Bobal grapes at Viña Memorias
After Airén and Tempranillo, it accounts for 8% of all varieties in Spain and for around 80% of the planted area in its homeland of Utiel-Requeña. It's a vigorous, high-yielding, fairly upright plant, throwing out long trailing shoots. Budburst is in late April/early May, with harvest in September and October. As a variety, it creates deeply coloured wines with firm tannins, good structure and potential for cellaring.
Bobal's aromas are said to be reminiscent of the Mediterranean forest with lavender, rosemary and pine on a background of ripe fruit. Rosé expressions are strongly aromatic and intensely flavoured with red berry notes particularly prominent.
Previously regarded more as a workhorse grape for bulk wine production, it's now being taken much more seriously … and for good reason. Both the grape and the region are experiencing a resurgence due to the new generation of winemakers who are working and enhancing the unique qualities of this dark-skinned varietal, abandoning traditional techniques like 'doble pasta'. Meaning 'double pulp', it was a common practice to add extra grape skins and pulp to the fermenting grape juice to impart extra colour and tannins.

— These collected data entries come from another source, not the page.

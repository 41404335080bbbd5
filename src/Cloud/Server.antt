-- ===== src/Cloud/Server.antt =====
-- The main loop of the cloud service (`main` in components/cloud/src/main.rs): one function for each
-- kind of event. What precedes the loop and what is printed are left out.
pub mod Clients
pub mod Known
pub mod Blocked
use holistic_framework_for_l.Base.{
  ℕ, zero, suc, ◌+◌, Bool, true, false, not, ◌&&◌, ◌||◌, Option, none, some, List, [], ◌∷◌, ◌++◌,
  length, set, Outcome, ok, panic, ◌>>=◌, ltb, leb, ◌==◌, if◌then◌else◌,
}
use mathlib.Core.List.{reverse}
use holistic_framework_for_l.Slab
use holistic_framework_for_l.Slab.{Slab}
use holistic_framework_for_l.Colors
use holistic_framework_for_l.Colors.{Colors}
use holistic_framework_for_l.Cloud.{ReadResult, bytes, Parts, Client, new_client}
use holistic_framework_for_l.Cloud.Receiving.{Conversation, receive_buffered}
use holistic_framework_for_l.Cloud.Commands.{handle_command}

-- `SocketAddr`
pub data SocketAddr : Type 0 where
  v4 : ℕ → ℕ → ℕ → ℕ → SocketAddr
  v6 : SocketAddr

-- `Ipv4Addr::is_private`, of the first two octets.
abbrev pub is_private : ℕ → ℕ → Bool
is_private a b = a == 10 || (a == 172 && leb 16 b && leb b 31) || (a == 192 && b == 168)

abbrev pub is_loopback : ℕ → Bool
is_loopback a = a == 127

-- The test that keeps out connections from elsewhere.
unfoldable pub is_admitted : ℕ → ℕ → Bool
is_admitted a b = is_private a b || is_loopback a || (a == 160 && b == 85)

-- `char::is_whitespace`
unfoldable pub is_whitespace : ℕ → Bool
is_whitespace c =
    (leb 9 c && leb c 13)
    || c == 32
    || c == 0x85
    || c == 0xa0
    || c == 0x1680
    || (leb 0x2000 c && leb c 0x200a)
    || c == 0x2028
    || c == 0x2029
    || c == 0x202f
    || c == 0x205f
    || c == 0x3000

unfoldable pub trim_start : List ℕ → List ℕ
trim_start [] = []
trim_start (c ∷ cs) = if is_whitespace c then trim_start cs else c ∷ cs

unfoldable pub trim : List ℕ → List ℕ
trim input = reverse (trim_start (reverse (trim_start input)))

-- How `accept` ends.
pub data AcceptResult (Connection : Type 0) : Type 0 where
  accepted : Connection → SocketAddr → AcceptResult Connection
  would_block : AcceptResult Connection
  failed : AcceptResult Connection

-- What goes on after an event: the next event, the next call of `poll`, or the end of `main`, without
-- or with an error.
pub data Next : Type 0 where
  continue : Next
  break : Next
  exit : Next
  fail : Next

module _ (P : Parts) where
  -- An event, with what the call that it leads to will return: a line, or an error; a connection; or
  -- the token of a client whose connection can be read.
  pub data Event : Type 0 where
    stdin : Option (List ℕ) → Event
    server : AcceptResult P.stream.Connection → Event
    client_token : ℕ → Event

  pub record Server : Type 0 where
    pub clients : Slab (Client P)
    pub client_colors : Colors
    pub events : List (List ℕ)

  abbrev pub Handled : Type 0
  Handled = Outcome (Next × Server)

  unfoldable pub start : Server
  unfolding Slab.new
  start = record { clients = Slab.new; client_colors = Colors.new; events = [] }

  -- `STDIN_TOKEN`: an empty line is the end of the input.
  unfoldable pub handle_stdin : List ℕ → Option (List ℕ) → Server → Handled
  handle_stdin binary none s = ok (fail, s)
  handle_stdin binary (some []) s = ok (exit, s)
  handle_stdin binary (some (c ∷ cs)) s = do
    (done, clients) ← handle_command P (trim (c ∷ cs)) s.clients binary
    ok (continue, record s { clients = clients })

  abbrev pub registered :
      ℕ → Slab (Client P) → Server → Client P → Bool × P.stream.Connection → Handled
  registered index clients s client (done, connection) =
      let s' = record s {
        clients = set clients index (some (record client { connection = connection }));
      } in
      ok (if done then continue else fail, s')

  -- A client for a new connection, whose index is its token.
  unfoldable pub add_client : P.stream.Connection → Server → Handled
  add_client connection s =
      let client = new_client P connection P.logs.new_stream_decoder in
      let (index, clients) = Slab.insert client s.clients in
      registered index clients s client (P.stream.register connection)

  -- `SERVER_TOKEN`
  unfoldable pub handle_server : AcceptResult P.stream.Connection → Server → Handled
  handle_server failed s = ok (fail, s)
  handle_server would_block s = ok (break, s)
  handle_server (accepted connection v6) s = panic
  handle_server (accepted connection (v4 a b c d)) s =
      if is_admitted a b then add_client connection s else ok (continue, s)

  abbrev pub put_back : ℕ → Client P → Server → Server
  put_back token client s = record s { clients = set s.clients token (some client) }

  abbrev pub shutdown : Client P → Client P
  shutdown client = record client { connection = P.stream.shutdown client.connection }

  -- The bytes that were read go behind the others. A client that sends too much is shut out.
  abbrev pub extend : List ℕ → Client P → Client P
  extend received client =
      let client' = record client { buffer = client.buffer ++ received } in
      if ltb 10_000 (length client'.buffer) then shutdown client' else client'

  abbrev pub converse : ℕ → ℕ → Client P → Server → Handled
  converse expected token client s = do
    v ←
        receive_buffered P expected
          (record { client = client; colors = s.client_colors; events = s.events })
    ok (
      continue,
      record {
        clients = set s.clients token (some v.client);
        client_colors = v.colors;
        events = v.events;
      },
    )

  abbrev pub after_read : ℕ → ℕ → Client P → Server → ReadResult × P.stream.Connection → Handled
  after_read expected token client s (bytes [], connection) =
      ok (continue, record s { clients = (Slab.try_remove s.clients token).1 })
  after_read expected token client s (bytes (b ∷ bs), connection) =
      converse expected token (extend (b ∷ bs) (record client { connection = connection })) s
  after_read expected token client s (ReadResult.would_block, connection) =
      ok (continue, put_back token (record client { connection = connection }) s)
  after_read expected token client s (ReadResult.interrupted, connection) =
      ok (continue, put_back token (record client { connection = connection }) s)
  after_read expected token client s (ReadResult.failed, connection) =
      ok (continue, put_back token (shutdown (record client { connection = connection })) s)

  abbrev pub read_client : ℕ → ℕ → Option (Client P) → Server → Handled
  read_client expected token none s = ok (fail, s)
  read_client expected token (some client) s =
      after_read expected token client s (P.stream.read client.connection)

  -- The token of a client.
  unfoldable pub handle_client : ℕ → ℕ → Server → Handled
  handle_client expected token s = read_client expected token (Slab.get s.clients token) s

  -- One event: `expected` is the checksum of the image.
  unfoldable pub handle_event : ℕ → List ℕ → Event → Server → Handled
  handle_event expected binary (stdin line) s = handle_stdin binary line s
  handle_event expected binary (server result) s = handle_server result s
  handle_event expected binary (client_token token) s = handle_client expected token s

  -- Whether `main` goes on, and the server.
  abbrev pub Served : Type 0
  Served = Outcome (Bool × Server)

  abbrev pub after_event : (Server → Served) → Next × Server → Served
  after_event others (continue, s) = others s
  after_event others (break, s) = ok (true, s)
  after_event others (exit, s) = ok (false, s)
  after_event others (fail, s) = ok (false, s)

  -- The events of one call of `poll`.
  unfoldable pub handle_events : ℕ → List ℕ → List Event → Server → Served
  handle_events expected binary [] s = ok (true, s)
  handle_events expected binary (event ∷ events) s =
      handle_event expected binary event s >>= after_event (handle_events expected binary events)

  abbrev pub after_poll : (Server → Outcome Server) → Bool × Server → Outcome Server
  after_poll others (true, s) = others s
  after_poll others (false, s) = ok s

  -- The calls of `poll`, each with its events, up to the end of `main`.
  unfoldable pub serve : ℕ → List ℕ → List (List Event) → Server → Outcome Server
  serve expected binary [] s = ok s
  serve expected binary (events ∷ polls) s =
      handle_events expected binary events s >>= after_poll (serve expected binary polls)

Wineries, such as Bodega Mustiguillo, Dominio de la Vega and Viña Memorias are making a great effort to produce high quality terroir-driven wines. Similarly, Grupo Coviñas, a 'secondary cooperative' formed in 1965 to represent over 3000 farmers and covering around 41% of the land under vine, has become a very modern, quality-driven winery.
Now production is much less aggressive, using macro- and micro-oxygenation plus longer maturation periods, larger oak barrels and a revival of the traditional clay jars for fermenting and ageing wine (described later).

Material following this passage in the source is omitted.